Aim of the exercise:
Only the lines below from the one containing "unfolding register" to the one containing "content_of (some ch) = ch.content" should be repeated, both included and unchanged.

Stored items:

== == ==

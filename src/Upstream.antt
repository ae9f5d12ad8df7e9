-- ===== src/Upstream.antt =====
-- internal/upstream/client.go: the client of the MCP server.
--
-- `Send` is in parts, between which other calls and the reader of events may run: `begin`, up to the
-- entry in `pending`; `post` and `wake`, the HTTP request and the wait, which `post_and_wait` joins; and
-- `release`, the deferred deletion. The channels that `Send` makes are objects, at their addresses in
-- `channels`. What HTTP answers is an argument. An ID is decoded by the JSON library: the parameter
-- `request_id`.
pub mod Channels
pub mod Steps
pub mod Matching
pub mod Answers
pub mod Waiting
pub mod Keeping
pub mod Delivery
pub mod Crossing
pub mod Events
pub mod Tests
use mcp_proxy.Prelude.{
  Bool, Dict, List, Option, String, [], erase, false, get_elem?, if◌then◌else◌, insert, leb, length,
  lookup, none, set, some, true, ℕ, ◌++◌, ◌==◌, ◌∷◌, ◌||◌, not, eqb,
}
use Prim.Native.String.{◌++◌ as ◌++ˢ◌}
use text.Mathlib.Text.{starts_with}

-- The value of the member `id`, as a key of a Go map: a text that two values share exactly when they
-- are equal, the one of nil where there is none. Objects and arrays are no keys.
pub data ParsedId : Type 0 where
  invalid_json unhashable : ParsedId
  keyed : String → ParsedId

abbrev pub Decoder : Type 0
Decoder = String → ParsedId

-- Response
pub data Response : Type 0 where
  received : String → Response
  disconnected : Response

-- A channel of capacity 1, and the ID of the call that made it.
pub record Channel : Type 0 where
  pub owner : String
  pub content : Option Response

-- make(chan *Response, 1), for the call with an ID
abbrev pub new_channel : String → Channel
new_channel id = record { owner = id; content = none }

pub record Client : Type 0 where
  pub url : String
  pub connected : Bool
  pub message_url : String
  -- whether `sseConn` is set
  pub sse_conn : Bool
  pub pending : Dict ℕ
  pub channels : List Channel
  -- whether `done` has been closed
  pub done : Bool

unfoldable pub new_client : String → Client
new_client url = record {
  url = url;
  connected = false;
  message_url = "";
  sse_conn = false;
  pending = [];
  channels = [];
  done = false;
}

pub data SendError : Type 0 where
  not_connected no_message_url invalid_message request_failed upstream_disconnected : SendError
  canceled timed_out : SendError
  bad_status : ℕ → SendError

pub data Result : Type 0 where
  got : String → Result
  failed : SendError → Result

-- The answer to an HTTP request: none if it failed, else the status.
abbrev pub HttpStatus : Type 0
HttpStatus = Option ℕ

pub data ConnectError : Type 0 where
  connect_failed : ConnectError
  connect_status : ℕ → ConnectError

unfoldable pub connect_with : HttpStatus → Client → Option ConnectError × Client
connect_with none c = (some connect_failed, c)
connect_with (some status) c =
    if eqb status 200
    then (none, record c { sse_conn = true; connected = true })
    else (some (connect_status status), c)

unfoldable pub connect : HttpStatus → Client → Option ConnectError × Client
unfolding connect_with
connect status c = if c.connected then (none, c) else connect_with status c

-- Closing a closed channel panics, which is `none`.
unfoldable pub disconnect : Client → Option Client
disconnect c =
    if c.connected
    then (if c.done
        then none
        else some (record c { connected = false; done = true; sse_conn = false }))
    else some c

-- What `Send` has come to after its first part.
pub data Begun : Type 0 where
  refused : SendError → Begun
  -- an unhashable key
  panicked : Begun
  waiting : String → ℕ → Client → Begun

-- The entry in `pending`.
unfoldable pub register : String → Client → Client
register id c = record c {
  pending = insert id (length c.channels) c.pending;
  channels = c.channels ++ new_channel id ∷ [];
}

unfoldable pub begin_with : ParsedId → Client → Begun
unfolding register
begin_with invalid_json c = refused invalid_message
begin_with unhashable c = panicked
begin_with (keyed id) c = waiting id (length c.channels) (register id c)

unfoldable pub begin : Decoder → String → Client → Begun
unfolding begin_with
begin request_id message c =
    if not c.connected
    then refused not_connected
    else if c.message_url == ""
    then refused no_message_url
    else begin_with (request_id message) c

-- The POST: its error, if it did not go through.
unfoldable pub post : HttpStatus → Option SendError
post none = some request_failed
post (some status) = if eqb status 200 || eqb status 202 then none else some (bad_status status)

-- Why the wait of `Send` ends; the select takes any case that is ready.
pub data Wake : Type 0 where
  answered context_done timer : Wake

unfoldable pub answer_of : Response → Result
answer_of (received bytes) = got bytes
answer_of disconnected = failed upstream_disconnected

unfoldable pub content_of : Option Channel → Option Response
content_of none = none
content_of (some ch) = ch.content

-- The result of the wait at a channel: none while the case is not ready.
unfoldable pub wake : Wake → ℕ → Client → Option Result
unfolding content_of answer_of
wake answered a c = elim (content_of (get_elem? c.channels a)) [
  | none ↦ none
  | some r ↦ some (answer_of r)
]
wake context_done a c = some (failed canceled)
wake timer a c = some (failed timed_out)

-- What `Send` returns after its entry, from the answer to its POST and the case that its select takes.
unfoldable pub post_and_wait : HttpStatus → Wake → ℕ → Client → Option Result
unfolding post wake
post_and_wait status w a c = elim (post status) [ some e ↦ some (failed e) | none ↦ wake w a c ]

-- The deferred deletion, at the end of `Send` on every path after `register`.
unfoldable pub release : String → Client → Client
release id c = record c { pending = erase id c.pending }

unfoldable pub send_async : HttpStatus → Client → Option SendError
unfolding post
send_async status c =
    if not c.connected
    then some not_connected
    else if c.message_url == ""
    then some no_message_url
    else post status

-- A send that does not block: it is dropped if the channel is full.
unfoldable pub put : Response → Channel → Channel
put r ch = elim ch.content [ none ↦ record ch { content = some r } | some _ ↦ ch ]

unfoldable pub offer : Response → ℕ → List Channel → List Channel
unfolding put
offer r a channels = elim (get_elem? channels a) [
  | none ↦ channels
  | some ch ↦ set channels a (put r ch)
]

unfoldable pub deliver : String → String → Client → Client
unfolding offer
deliver id bytes c = elim (lookup id c.pending) [
  | none ↦ c
  | some a ↦ record c { channels = offer (received bytes) a c.channels }
]

unfoldable pub handle_message : ParsedId → String → Client → Option Client
unfolding deliver
handle_message invalid_json bytes c = some c
handle_message unhashable bytes c = none
handle_message (keyed id) bytes c = some (deliver id bytes c)

-- strings.TrimSuffix(s, "/")
unfoldable pub trim_slash : String → String
trim_slash String.[] = String.[]
trim_slash (String.◌∷◌ c s) =
    let rest = trim_slash s in if String.◌∷◌ c s == "/" then "" else String.◌∷◌ c rest

-- The event `endpoint`.
unfoldable pub set_endpoint : String → Client → Client
unfolding trim_slash
set_endpoint bytes c = record c {
  message_url = if starts_with bytes "/" then trim_slash c.url ++ˢ bytes else bytes;
}

-- handleEvent. An ID that is no key panics in the reader's goroutine, which ends the process: `none`.
unfoldable pub handle_event : Decoder → String → String → Client → Option Client
unfolding handle_message set_endpoint
handle_event request_id event bytes c =
    if event == "endpoint"
    then some (set_endpoint bytes c)
    else if event == "message"
    then handle_message (request_id bytes) bytes c
    else some c

unfoldable pub fail_all : Dict ℕ → List Channel → List Channel
unfolding offer
fail_all [] channels = channels
fail_all ((id, a) ∷ rest) channels = fail_all rest (offer disconnected a channels)

unfoldable pub handle_disconnect : Client → Client
unfolding fail_all
handle_disconnect c =
    if c.connected
    then record c { connected = false; pending = []; channels = fail_all c.pending c.channels }
    else c

unfoldable pub is_connected : Client → Bool
is_connected c = c.connected

unfoldable pub get_message_url : Client → String
get_message_url c = c.message_url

== == ==

The completed task:
unfolding register
begin_with invalid_json c = refused invalid_message
begin_with unhashable c = panicked
begin_with (keyed id) c = waiting id (length c.channels) (register id c)

unfoldable pub begin : Decoder → String → Client → Begun
unfolding begin_with
begin request_id message c =
    if not c.connected
    then refused not_connected
    else if c.message_url == ""
    then refused no_message_url
    else begin_with (request_id message) c

-- The POST: its error, if it did not go through.
unfoldable pub post : HttpStatus → Option SendError
post none = some request_failed
post (some status) = if eqb status 200 || eqb status 202 then none else some (bad_status status)

-- Why the wait of `Send` ends; the select takes any case that is ready.
pub data Wake : Type 0 where
  answered context_done timer : Wake

unfoldable pub answer_of : Response → Result
answer_of (received bytes) = got bytes
answer_of disconnected = failed upstream_disconnected

unfoldable pub content_of : Option Channel → Option Response
content_of none = none
content_of (some ch) = ch.content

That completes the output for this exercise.